> YOUR TASK: Reproduce word for word the lines between those holding "score_login-le user device" and "(bound, ground arith)", inclusive, and nothing else from the data below.

> DATA SHOWN:
Segment Open

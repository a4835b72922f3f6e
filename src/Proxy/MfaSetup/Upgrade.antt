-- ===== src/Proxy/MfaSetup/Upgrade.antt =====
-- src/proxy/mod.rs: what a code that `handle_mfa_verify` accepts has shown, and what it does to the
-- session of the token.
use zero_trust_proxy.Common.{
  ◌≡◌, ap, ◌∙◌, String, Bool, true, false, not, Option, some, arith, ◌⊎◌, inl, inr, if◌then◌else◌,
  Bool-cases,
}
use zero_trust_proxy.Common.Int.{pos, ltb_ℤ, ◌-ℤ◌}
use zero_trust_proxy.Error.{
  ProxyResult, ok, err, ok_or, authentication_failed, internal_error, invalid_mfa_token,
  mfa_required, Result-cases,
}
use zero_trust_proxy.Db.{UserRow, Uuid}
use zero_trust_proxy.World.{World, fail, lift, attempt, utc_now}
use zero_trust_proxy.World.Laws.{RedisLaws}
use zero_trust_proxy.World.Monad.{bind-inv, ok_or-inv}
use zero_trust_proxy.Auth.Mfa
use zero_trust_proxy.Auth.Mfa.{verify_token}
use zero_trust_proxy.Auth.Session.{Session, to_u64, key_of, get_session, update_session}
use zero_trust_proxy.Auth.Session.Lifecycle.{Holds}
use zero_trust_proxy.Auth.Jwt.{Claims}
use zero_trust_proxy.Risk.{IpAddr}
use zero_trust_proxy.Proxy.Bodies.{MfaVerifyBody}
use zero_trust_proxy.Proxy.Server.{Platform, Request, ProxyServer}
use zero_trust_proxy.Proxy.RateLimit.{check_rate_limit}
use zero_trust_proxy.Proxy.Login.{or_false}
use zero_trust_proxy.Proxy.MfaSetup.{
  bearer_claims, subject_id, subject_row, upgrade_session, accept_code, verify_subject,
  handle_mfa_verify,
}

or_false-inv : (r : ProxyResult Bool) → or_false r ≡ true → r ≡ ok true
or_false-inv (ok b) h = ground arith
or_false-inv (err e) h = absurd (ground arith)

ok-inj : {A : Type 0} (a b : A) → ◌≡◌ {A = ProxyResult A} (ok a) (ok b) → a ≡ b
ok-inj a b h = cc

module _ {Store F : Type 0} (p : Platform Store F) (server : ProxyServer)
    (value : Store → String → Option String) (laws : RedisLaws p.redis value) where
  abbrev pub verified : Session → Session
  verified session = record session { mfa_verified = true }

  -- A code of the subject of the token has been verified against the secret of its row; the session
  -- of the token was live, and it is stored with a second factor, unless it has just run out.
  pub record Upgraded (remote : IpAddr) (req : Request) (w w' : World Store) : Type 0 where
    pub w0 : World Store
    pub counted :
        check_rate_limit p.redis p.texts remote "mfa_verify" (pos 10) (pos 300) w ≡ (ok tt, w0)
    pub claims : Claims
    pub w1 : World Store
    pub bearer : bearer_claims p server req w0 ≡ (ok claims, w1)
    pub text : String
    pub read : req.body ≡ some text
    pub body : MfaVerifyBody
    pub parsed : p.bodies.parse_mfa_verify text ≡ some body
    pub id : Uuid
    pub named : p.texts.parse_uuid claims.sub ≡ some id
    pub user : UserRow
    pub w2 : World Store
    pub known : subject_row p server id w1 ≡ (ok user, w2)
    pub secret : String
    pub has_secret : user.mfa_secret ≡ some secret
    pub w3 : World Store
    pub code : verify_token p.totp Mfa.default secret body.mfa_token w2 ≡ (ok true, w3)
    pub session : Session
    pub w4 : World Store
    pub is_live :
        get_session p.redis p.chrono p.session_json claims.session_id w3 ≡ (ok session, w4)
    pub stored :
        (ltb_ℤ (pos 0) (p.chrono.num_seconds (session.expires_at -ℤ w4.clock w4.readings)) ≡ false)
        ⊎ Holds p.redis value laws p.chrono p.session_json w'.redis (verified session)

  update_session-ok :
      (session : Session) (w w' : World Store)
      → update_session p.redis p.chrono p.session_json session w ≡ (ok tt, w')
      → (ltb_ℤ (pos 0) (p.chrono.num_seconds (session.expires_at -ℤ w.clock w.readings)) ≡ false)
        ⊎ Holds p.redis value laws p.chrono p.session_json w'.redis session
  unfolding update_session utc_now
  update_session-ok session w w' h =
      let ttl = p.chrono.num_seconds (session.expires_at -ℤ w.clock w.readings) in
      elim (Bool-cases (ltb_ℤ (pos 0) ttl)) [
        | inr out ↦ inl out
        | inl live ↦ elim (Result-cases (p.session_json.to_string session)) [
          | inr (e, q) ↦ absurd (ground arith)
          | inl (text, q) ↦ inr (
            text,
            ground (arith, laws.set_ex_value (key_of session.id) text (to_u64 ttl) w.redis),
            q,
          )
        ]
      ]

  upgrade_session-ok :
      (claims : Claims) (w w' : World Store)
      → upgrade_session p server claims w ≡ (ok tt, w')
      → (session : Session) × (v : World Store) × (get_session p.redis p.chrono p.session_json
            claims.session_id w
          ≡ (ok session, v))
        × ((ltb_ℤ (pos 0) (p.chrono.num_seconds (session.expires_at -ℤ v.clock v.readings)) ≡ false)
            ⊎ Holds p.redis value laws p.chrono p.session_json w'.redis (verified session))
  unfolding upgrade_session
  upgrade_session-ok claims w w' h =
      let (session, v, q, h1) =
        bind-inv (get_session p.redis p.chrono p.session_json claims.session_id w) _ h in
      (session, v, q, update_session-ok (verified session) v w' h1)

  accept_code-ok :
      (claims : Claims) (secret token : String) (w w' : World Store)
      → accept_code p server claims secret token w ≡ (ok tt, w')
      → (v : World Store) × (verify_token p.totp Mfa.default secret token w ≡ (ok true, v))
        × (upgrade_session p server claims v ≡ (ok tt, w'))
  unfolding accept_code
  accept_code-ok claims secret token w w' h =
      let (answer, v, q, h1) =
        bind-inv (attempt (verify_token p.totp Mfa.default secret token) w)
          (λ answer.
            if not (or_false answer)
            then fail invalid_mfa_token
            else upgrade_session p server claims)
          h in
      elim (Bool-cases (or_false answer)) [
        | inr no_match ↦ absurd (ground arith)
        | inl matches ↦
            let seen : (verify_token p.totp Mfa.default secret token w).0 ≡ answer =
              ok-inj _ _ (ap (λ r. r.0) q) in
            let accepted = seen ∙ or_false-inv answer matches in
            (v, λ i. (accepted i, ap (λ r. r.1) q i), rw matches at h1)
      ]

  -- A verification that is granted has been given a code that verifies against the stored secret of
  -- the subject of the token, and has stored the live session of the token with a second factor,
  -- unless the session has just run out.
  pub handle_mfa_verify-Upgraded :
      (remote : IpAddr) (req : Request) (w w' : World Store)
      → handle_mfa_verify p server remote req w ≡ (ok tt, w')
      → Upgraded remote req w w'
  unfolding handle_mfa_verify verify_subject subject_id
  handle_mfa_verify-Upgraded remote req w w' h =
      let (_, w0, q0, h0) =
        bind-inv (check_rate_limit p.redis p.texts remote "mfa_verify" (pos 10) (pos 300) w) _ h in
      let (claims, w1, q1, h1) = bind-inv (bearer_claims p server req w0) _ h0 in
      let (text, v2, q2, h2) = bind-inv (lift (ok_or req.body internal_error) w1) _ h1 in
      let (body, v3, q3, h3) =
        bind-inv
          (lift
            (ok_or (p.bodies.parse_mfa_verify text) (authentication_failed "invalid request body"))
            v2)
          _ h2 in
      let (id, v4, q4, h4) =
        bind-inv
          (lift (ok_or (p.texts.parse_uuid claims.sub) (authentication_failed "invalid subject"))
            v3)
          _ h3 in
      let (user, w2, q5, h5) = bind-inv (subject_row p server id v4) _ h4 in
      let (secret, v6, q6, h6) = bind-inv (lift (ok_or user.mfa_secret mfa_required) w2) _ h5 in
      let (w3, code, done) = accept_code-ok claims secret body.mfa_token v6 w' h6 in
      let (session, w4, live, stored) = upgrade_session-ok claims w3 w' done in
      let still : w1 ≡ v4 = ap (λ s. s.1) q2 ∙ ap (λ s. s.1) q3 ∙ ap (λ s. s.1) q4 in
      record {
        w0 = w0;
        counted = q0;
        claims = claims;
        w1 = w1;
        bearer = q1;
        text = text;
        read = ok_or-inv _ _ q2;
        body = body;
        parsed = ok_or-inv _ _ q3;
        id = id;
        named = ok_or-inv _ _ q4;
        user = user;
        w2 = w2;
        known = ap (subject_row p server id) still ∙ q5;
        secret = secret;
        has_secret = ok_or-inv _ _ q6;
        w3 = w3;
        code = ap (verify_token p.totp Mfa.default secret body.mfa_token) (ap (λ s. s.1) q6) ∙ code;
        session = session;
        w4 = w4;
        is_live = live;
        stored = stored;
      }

Segment Closed
Segment Open

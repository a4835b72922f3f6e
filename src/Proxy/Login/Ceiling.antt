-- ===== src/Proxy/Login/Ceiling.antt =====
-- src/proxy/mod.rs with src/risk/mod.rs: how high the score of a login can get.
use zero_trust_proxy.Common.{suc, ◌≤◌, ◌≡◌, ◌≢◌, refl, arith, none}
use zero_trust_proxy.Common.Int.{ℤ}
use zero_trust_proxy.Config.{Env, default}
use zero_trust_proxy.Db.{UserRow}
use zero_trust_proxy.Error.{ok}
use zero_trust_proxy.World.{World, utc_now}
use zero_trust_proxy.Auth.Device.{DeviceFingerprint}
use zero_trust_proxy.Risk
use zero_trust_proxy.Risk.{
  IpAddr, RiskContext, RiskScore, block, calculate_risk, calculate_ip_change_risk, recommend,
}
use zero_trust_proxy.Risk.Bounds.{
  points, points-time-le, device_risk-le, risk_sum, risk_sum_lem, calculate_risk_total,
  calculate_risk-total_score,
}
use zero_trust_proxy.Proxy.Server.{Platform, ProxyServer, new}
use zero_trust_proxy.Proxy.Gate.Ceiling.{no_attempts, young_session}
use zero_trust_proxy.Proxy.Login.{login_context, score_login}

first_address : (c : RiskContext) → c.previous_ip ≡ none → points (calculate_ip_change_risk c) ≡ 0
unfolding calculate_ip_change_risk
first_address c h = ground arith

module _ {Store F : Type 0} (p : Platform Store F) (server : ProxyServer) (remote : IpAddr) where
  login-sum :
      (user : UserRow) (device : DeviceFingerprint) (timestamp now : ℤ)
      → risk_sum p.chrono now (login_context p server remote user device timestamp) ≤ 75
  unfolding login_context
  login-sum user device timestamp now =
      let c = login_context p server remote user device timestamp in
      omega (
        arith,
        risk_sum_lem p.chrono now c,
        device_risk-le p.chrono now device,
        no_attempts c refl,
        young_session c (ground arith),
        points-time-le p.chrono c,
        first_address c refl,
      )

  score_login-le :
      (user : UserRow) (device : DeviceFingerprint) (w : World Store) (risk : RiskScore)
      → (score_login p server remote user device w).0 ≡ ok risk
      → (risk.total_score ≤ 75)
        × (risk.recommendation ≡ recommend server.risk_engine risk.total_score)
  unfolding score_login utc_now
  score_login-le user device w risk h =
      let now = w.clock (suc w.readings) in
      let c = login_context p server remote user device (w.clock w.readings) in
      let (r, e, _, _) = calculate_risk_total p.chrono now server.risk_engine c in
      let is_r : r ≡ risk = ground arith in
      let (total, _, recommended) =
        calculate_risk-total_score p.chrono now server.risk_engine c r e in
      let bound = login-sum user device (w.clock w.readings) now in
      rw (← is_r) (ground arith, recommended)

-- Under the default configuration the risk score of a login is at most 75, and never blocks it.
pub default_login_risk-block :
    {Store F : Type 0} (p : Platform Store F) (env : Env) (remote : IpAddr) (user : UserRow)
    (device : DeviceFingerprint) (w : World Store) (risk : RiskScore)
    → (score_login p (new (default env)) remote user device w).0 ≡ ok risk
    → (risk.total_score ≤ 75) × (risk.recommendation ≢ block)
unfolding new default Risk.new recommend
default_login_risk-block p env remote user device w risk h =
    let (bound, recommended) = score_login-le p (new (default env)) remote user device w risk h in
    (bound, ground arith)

Segment Closed

> WRITTEN RESPONSE:
  score_login-le user device w risk h =
      let now = w.clock (suc w.readings) in
      let c = login_context p server remote user device (w.clock w.readings) in
      let (r, e, _, _) = calculate_risk_total p.chrono now server.risk_engine c in
      let is_r : r ≡ risk = ground arith in
      let (total, _, recommended) =
        calculate_risk-total_score p.chrono now server.risk_engine c r e in
      let bound = login-sum user device (w.clock w.readings) now in
      rw (← is_r) (ground arith, recommended)

-- Under the default configuration the risk score of a login is at most 75, and never blocks it.
pub default_login_risk-block :
    {Store F : Type 0} (p : Platform Store F) (env : Env) (remote : IpAddr) (user : UserRow)
    (device : DeviceFingerprint) (w : World Store) (risk : RiskScore)
    → (score_login p (new (default env)) remote user device w).0 ≡ ok risk
    → (risk.total_score ≤ 75) × (risk.recommendation ≢ block)
unfolding new default Risk.new recommend
default_login_risk-block p env remote user device w risk h =
    let (bound, recommended) = score_login-le p (new (default env)) remote user device w risk h in
    (bound, ground arith)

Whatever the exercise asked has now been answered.